We are looking for a villa with a garden and pool. We can both drive and have access to a car.

Have seen a few nice villas in Tosalet - any views on this area ? 

Thanks


----------



## xabiaxica (Jun 23, 2009)

sydneyMum said:


> Hi All
> 
> Am looking for some advice on where to rent in the Javea area.
> 
> ...


I agree re: the Arenal 

if you like the town you might look at Puchol - that's just above the town

I love the port - though there aren't actually any villas here.... - the LES bus does go from here though

Tosalet is fine - not too far a drive out


----------



## Chopera (Apr 22, 2013)

OK this is third hand news - but last year my wife got chatting to someone who had just spent winter living in Tosalet and said the place was deserted in winter. Which might not be that much of a problem given it is quite close to the Arenal, but she said it was quite strange being surrounded by lots of empty villas, and with nobody on the streets. If it were me I'd spend the first year living nearer people so you can make friends and get the low down on everything.


----------



## xabiaxica (Jun 23, 2009)

Chopera said:


> OK this is third hand news - but last year my wife got chatting to someone who had just spent winter living in Tosalet and said the place was deserted in winter. Which might not be that much of a problem given it is quite close to the Arenal, but she said it was quite strange being surrounded by lots of empty villas, and with nobody on the streets. If it were me I'd spend the first year living nearer people so you can make friends and get the low down on everything.

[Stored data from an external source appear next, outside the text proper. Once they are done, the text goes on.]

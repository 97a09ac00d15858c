-- ===== src/Reader/Open.antt =====
-- example/io_uring_read.c, my_fopen: the ring, the file, its blocks, and the readv that is put on the
-- submission queue. The messages and the release of memory on the error paths are left out.
pub mod Blocks
pub mod Fill
pub mod Submit
pub mod Queue
pub mod Requests
pub mod Opened
use io_uring_example.Base.{
  ℕ, zero, suc, ◌+◌, ◌-◌, ◌*◌, ◌/◌, ◌%◌, ◌^◌, bit_and, Bool, true, false, not, Option, none, some,
  List, ltb, ◌==◌, if◌then◌else◌, length, set, replicate, Run, done, fault, hang, ◌>>=◌, ◌>>◌,
  deref, assert, u32, u64, ℤ, pos, negsuc, is_neg, suc_ℤ, to_int, to_unsigned, to_size, div_int,
}
use io_uring_example.Kernel.{
  Sys, Sqe, sizeof_unsigned, sizeof_sqe, sizeof_iovec, op_readv, sq_need_wakeup, enter_sq_wakeup,
}
use io_uring_example.Reader.{AppIoSqRing, Submitter, Iovc, FileInfo, MyFile, World, update}
use io_uring_example.Reader.Setup.{get_file_size, app_setup_uring}

-- int blocks = (int)file_sz / BLOCK_SZ; if (file_sz % BLOCK_SZ) blocks++;
unfoldable pub count_blocks : ℕ → ℕ → ℤ
count_blocks block_sz file_sz =
    let blocks = div_int (to_int file_sz) block_sz in
    if file_sz % block_sz == 0 then blocks else suc_ℤ blocks

abbrev pub sizeof_file_info : ℕ
sizeof_file_info = 8

abbrev pub sizeof_submitter : ℕ
sizeof_submitter = 104

abbrev pub sizeof_my_file : ℕ
sizeof_my_file = 56

-- sizeof(*fi) + sizeof(struct iovec) * blocks, and the entries for which that has room
unfoldable pub file_info_bytes : ℤ → ℕ
file_info_bytes blocks = u64 (sizeof_file_info + sizeof_iovec * to_size blocks)

abbrev pub capacity : ℕ → ℕ
capacity bytes = (bytes - sizeof_file_info) / sizeof_iovec

-- the bytes of the next block
abbrev pub bytes_to_read : ℕ → ℕ → ℕ
bytes_to_read block_sz remaining = if ltb block_sz remaining then block_sz else remaining

-- while (bytes_remaining) { … } on fuel: each round sets one entry of the array. `none` is the return
-- after a posix_memalign that failed.
unfoldable pub fill_iovecs :
    ℕ → Sys → ℕ → List (Option Iovc) → ℕ → ℕ → Run (Option (List (Option Iovc)))
fill_iovecs zero sys block_sz iovecs current_block remaining = hang
fill_iovecs (suc fuel) sys block_sz iovecs current_block remaining = elim (remaining == 0) [
  | true ↦ done (some iovecs)
  | false ↦ assert (ltb current_block (length iovecs)) >> elim (sys.memalign current_block) [
    | none ↦ done none
    | some buf ↦
        fill_iovecs fuel sys block_sz
          (set iovecs current_block
            (some (record { buffer = buf; buffer_size = bytes_to_read block_sz remaining })))
          (u32 (current_block + 1)) (remaining - bytes_to_read block_sz remaining)
  ]
]

-- the slot that the tail stands at
abbrev pub sq_index : World → AppIoSqRing → ℕ
sq_index w sring = bit_and (w.word sring.tail) (w.word sring.ring_mask)

abbrev pub slot_address : World → Submitter → ℕ
slot_address w s = s.sqes + sq_index w s.sq_ring * sizeof_sqe

-- "Add our submission queue entry to the tail of the SQE ring buffer"
unfoldable pub submit_readv : World → Submitter → ℤ → ℕ → ℕ → ℕ → World
submit_readv w s fd addr len user_data =
    let next_tail = u32 (w.word s.sq_ring.tail + 1) in
    let index = sq_index w s.sq_ring in
    let sqe = slot_address w s in
    let written : World = record w {
      sqe = update w.sqe sqe (record (w.sqe sqe) {
        fd = fd;
        flags = 0;
        opcode = op_readv;
        addr = addr;
        len = len;
        off = 0;
        user_data = user_data;
      });
      word = update w.word (s.sq_ring.array + index * sizeof_unsigned) index;
    } in
    if written.word s.sq_ring.tail == next_tail
    then written
    else record written { word = update written.word s.sq_ring.tail next_tail }

-- io_uring_enter(fd, to_submit, min_complete, flags): its result, and the memory after it
abbrev pub Enter : Type 0
Enter = World → ℤ → ℕ → ℕ → ℕ → ℤ × World

-- The wakeup of a kernel thread that sleeps; `none` is the return after an error.
unfoldable pub wake_kernel : Enter → World → Submitter → Option World
wake_kernel enter w s =
    if bit_and (w.word s.sq_ring.flags) sq_need_wakeup == 0
    then some w
    else let (ret, w') =
        enter (record w { system_times = w.system_times + 1 }) s.ring_fd 1 1 enter_sq_wakeup in
      if is_neg ret then none else some w'

abbrev pub new_file : ℕ → Submitter → ℕ → ℤ → MyFile
new_file fp s fi blocks = record {
  fp = fp;
  blocks = blocks;
  current_block = 0;
  isfirst = 0;
  current_offset = 0;
  s = s;
  fi_read = none;
  fi = fi;
}

-- the end of my_fopen, from the submission on, with the array that the loop has filled
unfoldable pub submit_file :
    Enter → World → Submitter → ℕ → ℤ → ℕ → ℤ → ℕ → List (Option Iovc) → Option (MyFile × World)
submit_file enter w s fp fd file_sz blocks fi iovecs =
    let stored : World = record w {
      file_info = update w.file_info fi (some (record { file_sz = file_sz; iovecs = iovecs }));
    } in
    elim (wake_kernel enter
      (submit_readv stored s fd (fi + sizeof_file_info) (to_unsigned blocks) fi) s) [
        | none ↦ none
        | some w' ↦ some (new_file fp s fi blocks, w')
      ]

-- my_fopen from the allocation of `fi` on
unfoldable pub open_blocks :
    ℕ → Sys → Enter → World → Submitter → ℕ → ℤ → ℕ → ℤ → Run (Option (MyFile × World))
open_blocks block_sz sys enter w s fp fd file_sz blocks =
    elim (sys.alloc (file_info_bytes blocks)) [
      | none ↦ done none
      | some fi ↦ deref (sys.alloc sizeof_my_file) >>= λ _.
          fill_iovecs (suc file_sz) sys block_sz
            (replicate (capacity (file_info_bytes blocks)) none) 0 file_sz
          >>= elim [
            | none ↦ done none
            | some iovecs ↦ done (submit_file enter w s fp fd file_sz blocks fi iovecs)
          ]
    ]

-- my_fopen(filename, mode); `none` is NULL. What omp_alloc returns for the submitter is not tested.
unfoldable pub my_fopen : ℕ → Sys → Enter → World → List ℕ → List ℕ → Run (Option (MyFile × World))
my_fopen block_sz sys enter w filename mode = deref (sys.alloc sizeof_submitter) >>= λ _.
    elim (app_setup_uring sys) [
      | none ↦ done none
      | some s ↦ elim (sys.fopen filename mode) [
        | none ↦ done none
        | some fp ↦ if is_neg (sys.fileno fp) then done none else elim (get_file_size sys fp) [
          | negsuc n ↦ done none
          | pos file_sz ↦
              open_blocks block_sz sys enter w s fp (sys.fileno fp) file_sz
                (count_blocks block_sz file_sz)
        ]
      ]
    ]
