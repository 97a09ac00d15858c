-- ===== src/Manual.antt =====
-- example/omp_io_uring_manual.c: the rings of the reader with a function that submits a readv for a file,
-- one that prints what the completions are of, and one that submits a write. The output is what
-- output_to_console is given; the messages on the standard output are left out.
pub mod Reap
pub mod Submit
pub mod Requests
pub mod Rounds
pub mod Program
pub mod Demo
mod Tests
use io_uring_example.Base.{
  ℕ, zero, suc, ◌+◌, ◌*◌, bit_and, Bool, true, false, Option, none, some, List, [], ◌∷◌, ◌++◌,
  replicate, length, get_elem?, take, leb, ◌==◌, if◌then◌else◌, Run, done, fault, hang, ◌>>=◌, ◌>>◌,
  deref, assert, u32, ℤ, pos, negsuc, is_neg, to_unsigned, to_size,
}
use io_uring_example.Kernel.{
  Sqe, Cqe, Params, Sys, zero_params, sizeof_cqe, op_writev, setup_sqpoll, enter_getevents,
  enter_sq_wakeup,
}
use io_uring_example.Reader.{AppIoCqRing, Submitter, Iovc, FileInfo, World, update}
use io_uring_example.Reader.Setup.{size_of_fd, map_rings}
use io_uring_example.Reader.Open.{
  sizeof_submitter, count_blocks, file_info_bytes, capacity, fill_iovecs, sq_index, slot_address,
  submit_readv, Enter, sizeof_file_info, sizeof_submitter,
}

-- QUEUE_DEPTH
abbrev pub queue_depth : ℕ
queue_depth = 1

-- get_file_size(file_descriptor)
abbrev pub get_file_size : Sys → ℤ → ℤ
get_file_size sys file_descriptor = size_of_fd sys file_descriptor

abbrev pub setup_params : Params
setup_params = record zero_params { flags = setup_sqpoll; sq_thread_idle = 1000 }

-- app_setup_uring(s); `none` is the return of 1
unfoldable pub app_setup_uring : Sys → Option Submitter
app_setup_uring sys =
    let (ring_fd, p) = sys.io_uring_setup queue_depth setup_params in
    if is_neg ring_fd then none else map_rings sys ring_fd p

-- the rounds of `for (int i = 0; i < blocks; i++)`
abbrev pub rounds : ℤ → ℕ
rounds (pos n) = n
rounds (negsuc n) = 0

-- the loop over output_to_console(fi->iovecs[i].iov_base, fi->iovecs[i].iov_len), from i on
unfoldable pub print_blocks : ℕ → ℕ → List (Option Iovc) → List ℕ → Run (List ℕ)
print_blocks zero i iovecs output = done output
print_blocks (suc left) i iovecs output = do
  slot ← deref (get_elem? iovecs i)
  iov ← deref slot
  assert (leb iov.buffer_size (length iov.buffer))
  print_blocks left (i + 1) iovecs (output ++ take iov.buffer_size iov.buffer)

-- &cring->cqes[head & *cring->ring_mask]
abbrev pub cqe_at : World → AppIoCqRing → ℕ → Cqe
cqe_at w cring head = w.cqe (cring.cqes + bit_and head (w.word cring.ring_mask) * sizeof_cqe)

-- do { … } while (1) of read_from_cq on fuel, with the value of each load of the shared tail. A
-- completion with an error is reported, and then treated as any other.
unfoldable pub reap_loop : ℕ → ℕ → World → AppIoCqRing → (ℕ → ℕ) → ℕ → ℕ → List ℕ → Run (ℕ × List ℕ)
reap_loop zero block_sz w cring loads k head output = hang
reap_loop (suc fuel) block_sz w cring loads k head output =
    let next = deref (w.file_info (cqe_at w cring head).user_data) >>= λ fi.
    print_blocks (rounds (count_blocks block_sz fi.file_sz)) 0 fi.iovecs output >>= λ output'.
    reap_loop fuel block_sz w cring loads (k + 1) (u32 (head + 1)) output' in
    if head == loads k then done (head, output) else next

-- read_from_cq(s): what is printed, and the memory with the new head. The first load of the tail only
-- decides on a message.
unfoldable pub read_from_cq : ℕ → ℕ → World → Submitter → (ℕ → ℕ) → Run (List ℕ × World)
read_from_cq fuel block_sz w s loads =
    reap_loop fuel block_sz w s.cq_ring loads 1 (w.word s.cq_ring.head) [] >>= λ r.
    done (r.1, record w { word = update w.word s.cq_ring.head r.0 })

-- The stores of submit_write_request. The index array of the queue is left as it is.
unfoldable pub submit_writev : World → Submitter → ℤ → ℕ → World
submit_writev w s file_fd iov =
    let sqe = slot_address w s in
    record w {
      sqe = update w.sqe sqe (record (w.sqe sqe) {
        fd = file_fd;
        opcode = op_writev;
        flags = 0;
        off = 0;
        addr = iov;
        len = 1;
        user_data = to_size file_fd;
      });
      word = update w.word s.sq_ring.tail (u32 (w.word s.sq_ring.tail + 1));
    }

-- submit_write_request(file_path, data, data_size, s) with the address of its iovec; `none` is the
-- return of 1
unfoldable pub submit_write_request : Sys → Enter → World → Submitter → List ℕ → ℕ → Option World
submit_write_request sys enter w s file_path iov =
    let file_fd = sys.open_fd file_path in
    let (ret, w') = enter (submit_writev w s file_fd iov) s.ring_fd 1 1 enter_getevents in
    if is_neg file_fd then none else if is_neg ret then none else some w'

-- the end of submit_to_sq, from the submission on
unfoldable pub submit_blocks :
    Enter → World → Submitter → ℤ → ℕ → ℤ → ℕ → List (Option Iovc) → Option World
submit_blocks enter w s file_fd file_sz blocks fi iovecs =
    let stored : World = record w {
      file_info = update w.file_info fi (some (record { file_sz = file_sz; iovecs = iovecs }));
    } in
    let (ret, w') =
      enter (submit_readv stored s file_fd (fi + sizeof_file_info) (to_unsigned blocks) fi)
        s.ring_fd 1 0 enter_sq_wakeup in
    if is_neg ret then none else some w'

-- submit_to_sq(file_path, s); `none` is the return of 1
unfoldable pub submit_to_sq : ℕ → Sys → Enter → World → Submitter → List ℕ → Run (Option World)
submit_to_sq block_sz sys enter w s file_path =
    if is_neg (sys.open_fd file_path)
    then done none
    else elim (get_file_size sys (sys.open_fd file_path)) [
      | negsuc n ↦ done none
      | pos file_sz ↦ elim (sys.alloc (file_info_bytes (count_blocks block_sz file_sz))) [
        | none ↦ done none
        | some fi ↦
            fill_iovecs (suc file_sz) sys block_sz
              (replicate (capacity (file_info_bytes (count_blocks block_sz file_sz))) none) 0
              file_sz
            >>= elim [
              | none ↦ done none
              | some iovecs ↦ done (
                  submit_blocks enter w s (sys.open_fd file_path) file_sz
                    (count_blocks block_sz file_sz) fi iovecs)
            ]
      ]
    ]

-- The loop of main over the files: the exit status, and what was printed. The kernel works while the
-- program sleeps (`serve i`).
unfoldable pub read_files :
    ℕ
    → ℕ
    → Sys
    → Enter
    → (ℕ → World → World)
    → (ℕ → ℕ → ℕ)
    → ℕ
    → List (List ℕ)
    → Submitter
    → World
    → List ℕ
    → Run (ℕ × List ℕ)
read_files fuel block_sz sys enter serve loads i [] s w output = done (0, output)
read_files fuel block_sz sys enter serve loads i (name ∷ names) s w output =
    submit_to_sq block_sz sys enter w s name >>= elim [
      | none ↦ done (1, output)
      | some w1 ↦ read_from_cq fuel block_sz (serve i w1) s (loads i) >>= λ r.
          read_files fuel block_sz sys enter serve loads (i + 1) names s r.1 (output ++ r.0)
    ]

-- main after the ring has been set up, for the command that was typed
unfoldable pub run_command :
    ℕ
    → ℕ
    → Sys
    → Enter
    → (ℕ → World → World)
    → (ℕ → ℕ → ℕ)
    → ℕ
    → ℤ
    → List (List ℕ)
    → Submitter
    → World
    → Run (ℕ × List ℕ)
run_command fuel block_sz sys enter serve loads iov user_command [] s w = done (1, [])
run_command fuel block_sz sys enter serve loads iov (negsuc n) (name ∷ names) s w = done (1, [])
run_command fuel block_sz sys enter serve loads iov (pos n) (name ∷ names) s w =
    let written : ℕ = elim (submit_write_request sys enter w s name iov) [
      | none ↦ 1
      | some w' ↦ 0
    ] in
    let printed = read_files fuel block_sz sys enter serve loads 0 (name ∷ names) s w [] in
    if n == 1 then done (written, []) else if n == 2 then printed else done (1, [])

-- main for the names argv[1], … and the command that scanf reads
unfoldable pub main :
    ℕ
    → ℕ
    → Sys
    → Enter
    → (ℕ → World → World)
    → (ℕ → ℕ → ℕ)
    → ℕ
    → ℤ
    → List (List ℕ)
    → World
    → Run (ℕ × List ℕ)
main fuel block_sz sys enter serve loads iov user_command [] w = done (1, [])
main fuel block_sz sys enter serve loads iov user_command (name ∷ names) w =
    elim (sys.alloc sizeof_submitter) [
      | none ↦ done (1, [])
      | some uring_submitter ↦ elim (app_setup_uring sys) [
        | none ↦ done (1, [])
        | some s ↦
            run_command fuel block_sz sys enter serve loads iov user_command (name ∷ names) s w
      ]
    ]
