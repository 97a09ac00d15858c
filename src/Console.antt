-- ===== src/Console.antt =====
-- example/omp_io_uring_polling.c: each file is read by one readv through liburing, and printed when its completion
-- is there. The blocks are made as in example/io_uring_read.c and printed as in
-- example/omp_io_uring_manual.c. The messages are left out.
pub mod Request
pub mod Printed
pub mod Stuck
mod Tests
use io_uring_example.Base.{
  ℕ, zero, suc, ◌+◌, ◌-◌, ◌^◌, Bool, true, false, Option, none, some, List, [], ◌∷◌, ◌++◌, ltb,
  length, set, ◌==◌, if◌then◌else◌, replicate, Run, done, fault, hang, ◌>>=◌, ◌>>◌, deref, assert,
  ℤ, pos, negsuc, is_neg, to_size, to_unsigned, same_ℤ, take_out,
}
use io_uring_example.Kernel.{Sys, Cqe}
use io_uring_example.Reader.{Iovc, FileInfo, update}
use io_uring_example.Reader.Setup.{size_of_fd}
use io_uring_example.Reader.Open.{count_blocks, file_info_bytes, capacity, fill_iovecs}
use io_uring_example.Manual.{rounds, print_blocks}

-- The file_info structures by address, the completions that the program has not marked as seen, the oldest first,
-- the files it has open, and what it has printed.
pub record Machine : Type 0 where
  pub info : ℕ → Option FileInfo
  pub queue : List Cqe
  pub descriptors : List ℤ
  pub output : List ℕ

-- What the system does. A readv of a descriptor into so many iovecs of a file_info, from an offset on, gives a
-- result, and leaves bytes in the blocks; its completion is the next one of the queue. io_uring_get_sqe and io_uring_sqring_wait are told how
-- many tries the request has made before.
pub record Calls : Type 0 where
  pub sys : Sys
  pub queue_init : ℤ
  pub get_sqe : ℕ → Option ℕ
  pub sqring_wait : ℕ → ℤ
  pub readv : ℤ → FileInfo → ℕ → ℕ → ℤ × FileInfo
  pub wait_cqe : Machine → ℤ

-- The loop over the blocks for a size of get_file_size, in the array that was allocated. A negative size, which is
-- not tested, makes one block of its size_t.
abbrev pub make_iovecs : Calls → ℕ → ℤ → List (Option Iovc) → Run (Option (List (Option Iovc)))
make_iovecs k block_sz (pos n) iovecs = fill_iovecs (suc n) k.sys block_sz iovecs 0 n
make_iovecs k block_sz (negsuc n) iovecs =
    assert (ltb 0 (length iovecs)) >> elim (k.sys.memalign 0) [
      | none ↦ done none
      | some buf ↦
          done
            (some (set iovecs 0 (some (record { buffer = buf; buffer_size = to_size (negsuc n) }))))
    ]

-- while (!sqe) { … } with sqpoll set, on fuel: `none` is a wait for space that failed
unfoldable pub get_entry : ℕ → Calls → ℕ → Run (Option ℕ)
get_entry zero k try = hang
get_entry (suc fuel) k try = elim (k.get_sqe try) [
  | some sqe ↦ done (some sqe)
  | none ↦ elim (is_neg (k.sqring_wait try)) [
    | true ↦ done none
    | false ↦ get_entry fuel k (try + 1)
  ]
]

-- io_uring_prep_readv(sqe, fd, fi->iovecs, nr_vecs, offset), io_uring_sqe_set_data and io_uring_submit
abbrev pub send_readv : Calls → ℤ → ℕ → FileInfo → ℕ → ℕ → Machine → Machine
send_readv k file_fd fi info nr_vecs offset m =
    let (res, filled) = k.readv file_fd info nr_vecs offset in
    record m {
      info = update m.info fi (some filled);
      queue = m.queue ++ (record { user_data = fi; res = res; flags = 0 }) ∷ [];
    }

abbrev pub close : ℤ → Machine → Machine
close fd m = elim (take_out same_ℤ fd m.descriptors) [
  | none ↦ m
  | some descriptors ↦ record m { descriptors = descriptors }
]

-- from "Get an SQE" on: the status and the machine
unfoldable pub send_request : ℕ → Calls → ℤ → ℕ → FileInfo → ℤ → Machine → Run (ℕ × Machine)
send_request tries k file_fd fi info blocks m = get_entry tries k 0 >>= elim [
  | none ↦ done (1, close file_fd m)
  | some sqe ↦ done (0, send_readv k file_fd fi info (to_unsigned blocks) 0 m)
]

-- submit_read_request(file_path, ring) behind the opening of the file. What malloc returns is not tested.
unfoldable pub request_blocks : ℕ → ℕ → Calls → ℤ → ℤ → Machine → Run (ℕ × Machine)
request_blocks tries block_sz k file_fd file_sz m =
    let blocks = count_blocks block_sz (to_size file_sz) in
    let bytes = file_info_bytes blocks in
    deref (k.sys.alloc bytes) >>= λ fi.
    make_iovecs k block_sz file_sz (replicate (capacity bytes) none) >>= elim [
      | none ↦ done (1, m)
      | some iovecs ↦
          send_request tries k file_fd fi (record { file_sz = to_size file_sz; iovecs = iovecs })
            blocks m
    ]

unfoldable pub submit_read_request : ℕ → ℕ → Calls → List ℕ → Machine → Run (ℕ × Machine)
submit_read_request tries block_sz k file_path m =
    let file_fd = k.sys.open_fd file_path in
    if is_neg file_fd
    then done (1, m)
    else request_blocks tries block_sz k file_fd (size_of_fd k.sys file_fd)
        (record m { descriptors = file_fd ∷ m.descriptors })

-- get_completion_and_print(ring): a completion with an error is not marked as seen.
unfoldable pub get_completion_and_print : ℕ → Calls → Machine → Run (ℕ × Machine)
get_completion_and_print block_sz k m =
    if is_neg (k.wait_cqe m) then done (1, m) else elim m.queue [
      | [] ↦ hang
      | cqe ∷ others ↦
          if is_neg cqe.res
          then done (1, m)
          else (deref (m.info cqe.user_data) >>= λ fi.
              print_blocks (rounds (count_blocks block_sz fi.file_sz)) 0 fi.iovecs m.output
              >>= λ output. done (0, record m { queue = others; output = output }))
    ]

-- for (int i = 1; i < argc; i++) { … }: the exit status. The result of get_completion_and_print is not looked at.
unfoldable pub read_files : ℕ → ℕ → Calls → List (List ℕ) → Machine → Run (ℕ × Machine)
read_files tries block_sz k [] m = done (0, m)
read_files tries block_sz k (name ∷ names) m = submit_read_request tries block_sz k name m >>= λ r.
    let (ret, m1) = r in
    let rest =
      get_completion_and_print block_sz k m1 >>= λ p. read_files tries block_sz k names p.1 in
    if ret == 0 then rest else done (1, m1)

unfoldable pub main : ℕ → ℕ → Calls → List (List ℕ) → Machine → Run (ℕ × Machine)
main tries block_sz k [] m = done (1, m)
main tries block_sz k (name ∷ names) m = elim k.queue_init [
  | pos zero ↦ read_files tries block_sz k (name ∷ names) m
  | _ ↦ done (1, m)
]
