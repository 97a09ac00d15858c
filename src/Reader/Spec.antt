-- ===== src/Reader/Spec.antt =====
-- The abstract view of an open file: the bytes of its blocks in order, as one stream, and the part
-- of it that a position has not passed.
use io_uring_example.Base.{
  ℕ, zero, suc, ◌+◌, ◌≤◌, ◌<◌, ◌^◌, ◌≡◌, refl, sym, ap, ◌∙◌, ◌⊎◌, inl, inr, Option, some, List, [],
  ◌∷◌, ◌++◌, arith, length, get_elem?, take, drop, flatten, length-append, length-drop,
  take-append_le, drop-append_le, drop-drop, drop-length, drop_of_get_elem?,
}
use io_uring_example.Reader.{Iovc, FileInfo, World}

abbrev pub buffers : List Iovc → List (List ℕ)
buffers [] = []
buffers (v ∷ vs) = v.buffer ∷ buffers vs

-- an array of which every entry is set
abbrev pub entries : List Iovc → List (Option Iovc)
entries [] = []
entries (v ∷ vs) = some v ∷ entries vs

-- the bytes from an offset in a block on
abbrev pub unread : List Iovc → ℕ → ℕ → List ℕ
unread vs index offset = drop offset (flatten (buffers (drop index vs)))

-- A block has its full size, and a buffer_size that is not 0.
abbrev pub AreBlocks : ℕ → List Iovc → Type 0
AreBlocks b [] = Unit
AreBlocks b (v ∷ vs) = (length v.buffer ≡ b) × (0 < v.buffer_size) × AreBlocks b vs

-- The memory holds a file_info at `addr` whose entries are `vs`; all sizes fit an int.
pub record Holds (b : ℕ) (vs : List Iovc) (addr : ℕ) (w : World) : Type 0 where
  pub fi : FileInfo
  pub stored : w.file_info addr ≡ some fi
  pub filled : fi.iovecs ≡ entries vs
  pub blocks : AreBlocks b vs
  pub size_pos : 0 < b
  pub size_small : b < 2 ^ 31
  pub few : length vs < 2 ^ 31

pub get_elem?-entries :
    (vs : List Iovc) (i : ℕ) (v : Iovc)
    → get_elem? vs i ≡ some v
    → get_elem? (entries vs) i ≡ some (some v)
get_elem?-entries [] i v e = cc
get_elem?-entries (x ∷ vs) zero v e = ap some e
get_elem?-entries (x ∷ vs) (suc i) v e = get_elem?-entries vs i v e

pub get_elem?-AreBlocks :
    (b : ℕ) (vs : List Iovc) (i : ℕ) (v : Iovc)
    → AreBlocks b vs
    → get_elem? vs i ≡ some v
    → (length v.buffer ≡ b) × (0 < v.buffer_size)
get_elem?-AreBlocks b [] i v h e = cc
get_elem?-AreBlocks b (x ∷ vs) zero v h e = ground arith
get_elem?-AreBlocks b (x ∷ vs) (suc i) v h e = get_elem?-AreBlocks b vs i v h.2 e

pub unread-split :
    (vs : List Iovc) (i o : ℕ) (v : Iovc)
    → get_elem? vs i ≡ some v
    → o ≤ length v.buffer
    → unread vs i o ≡ drop o v.buffer ++ unread vs (suc i) 0
unread-split vs i o v e h =
    rw (drop_of_get_elem? vs i v e) (drop-append_le o v.buffer (unread vs (suc i) 0) h)

-- The end of a block is the start of the next.
pub unread-next :
    (vs : List Iovc) (i o : ℕ) (v : Iovc)
    → get_elem? vs i ≡ some v
    → o ≡ length v.buffer
    → unread vs (suc i) 0 ≡ unread vs i o
unread-next vs i o v e h =
    rw (unread-split vs i o v e (omega arith), drop-length o v.buffer (omega arith)) refl

pub unread-end : (vs : List Iovc) (i : ℕ) → length vs ≤ i → unread vs i 0 ≡ []
unread-end vs i h = rw (drop-length i vs h)

-- What is left of a block is the beginning of what is unread.
pub take-unread :
    (vs : List Iovc) (i o m : ℕ) (v : Iovc)
    → get_elem? vs i ≡ some v
    → o + m ≤ length v.buffer
    → take m (drop o v.buffer) ≡ take m (unread vs i o)
take-unread vs i o m v e h = rw (unread-split vs i o v e (omega arith)) (
    sym (
      take-append_le m (drop o v.buffer) (unread vs (suc i) 0)
        (omega (arith, length-drop o v.buffer))))

pub length-unread_ge :
    (vs : List Iovc) (i o m : ℕ) (v : Iovc)
    → get_elem? vs i ≡ some v
    → o + m ≤ length v.buffer
    → m ≤ length (unread vs i o)
length-unread_ge vs i o m v e h =
    rw
      (
        unread-split vs i o v e (omega arith),
        length-append (drop o v.buffer) (unread vs (suc i) 0),
        length-drop o v.buffer,
      )
      (omega arith)

-- Passing `m` bytes of a block, to a place inside it or to the start of the next.
pub unread_after :
    (vs : List Iovc) (i o m j p : ℕ) (v : Iovc)
    → get_elem? vs i ≡ some v
    → ((j ≡ i) × (p ≡ o + m)) ⊎ ((j ≡ i + 1) × (p ≡ 0) × (o + m ≡ length v.buffer))
    → unread vs j p ≡ drop m (unread vs i o)
unread_after vs i o m j p v e (inl h) =
    rw (h.0, h.1) (sym (drop-drop o m (o + m) (flatten (buffers (drop i vs))) refl))
unread_after vs i o m j p v e (inr h) =
    let k : j ≡ suc i = omega arith in
    rw (k, h.1)
      (unread-next vs i (o + m) v e h.2
        ∙ sym (drop-drop o m (o + m) (flatten (buffers (drop i vs))) refl))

in all honesty almost all the urbs on the hills surrounding Jávea are mostly holiday homes - yes people do live on them all year - but a small percentage of the properties are used by full time residents

most are second or holiday homes - some even owned by Jávea locals who use them weekends & in the summer!!


----------



## linanil (Oct 21, 2012)

We lived in Benitachell in the Callistros neighborhood, our daughter went to the Lady Elizabeth up the hill from it. It's a quick drive into Javea, but there is a MasYmas in Benitachell & you're close to Moria as well. Our son went to Little Angels creche in Javea. We rented from Villa Mia, they were great.


----------



## sydneyMum (Apr 23, 2014)

Thanks for your reply. How did you find living in Benitachell? Did you find it a bit isolated ? 



linanil said:


> We lived in Benitachell in the Callistros neighborhood, our daughter went to the Lady Elizabeth up the hill from it. It's a quick drive into Javea, but there is a MasYmas in Benitachell & you're close to Moria as well. Our son went to Little Angels creche in Javea. We rented from Villa Mia, they were great.


----------



## xabiaxica (Jun 23, 2009)

linanil said:


> We lived in Benitachell in the Callistros neighborhood, our daughter went to the Lady Elizabeth up the hill from it. It's a quick drive into Javea, but there is a MasYmas in Benitachell & you're close to Moria as well. Our son went to Little Angels creche in Javea. We rented from Villa Mia, they were great.


Little Angels??

that's not ringing any bells for some reason :confused2:


----------



## clairerach11 (Aug 26, 2014)

would denia be too far for you? just on the other side on montgo and im sure there are ample villas with pools to rent


----------



## linanil (Oct 21, 2012)

Little Angels Creche Avenida de los Fueros 20, Javea (+34) 965790521 I'm not sure if they're still open, my son went there for 6 months in 2010, just a few days a week. Kelly, the owner was very sweet.We found out about them from the guy from Telitec that installed our Sat. dish. There was a daycare in Benitachell but they were full up. Benitachell wasn't really isolated, we walked into town every day, there's a great bakery & the library is small but very nice.We had a 5 bedroom house (3 bed on top/2 in a separate apt on bottom level-great for guests!) with a pool. We got a great deal through Via Mia in Javea. We could be in Javea in 10 minutes if we needed to.


----------



## linanil (Oct 21, 2012)

Are your kids going to the LE in Javea or the one on top of Benitachell?


----------



## xabiaxica (Jun 23, 2009)

linanil said:


> Little Angels Creche Avenida de los Fueros 20, Javea (+34) 965790521 I'm not sure if they're still open, my son went there for 6 months in 2010, just a few days a week. Kelly, the owner was very sweet.We found out about them from the guy from Telitec that installed our Sat. dish. There was a daycare in Benitachell but they were full up. Benitachell wasn't really isolated, we walked into town every day, there's a great bakery & the library is small but very nice.We had a 5 bedroom house (3 bed on top/2 in a separate apt on bottom level-great for guests!) with a pool. We got a great deal through Via Mia in Javea. We could be in Javea in 10 minutes if we needed to.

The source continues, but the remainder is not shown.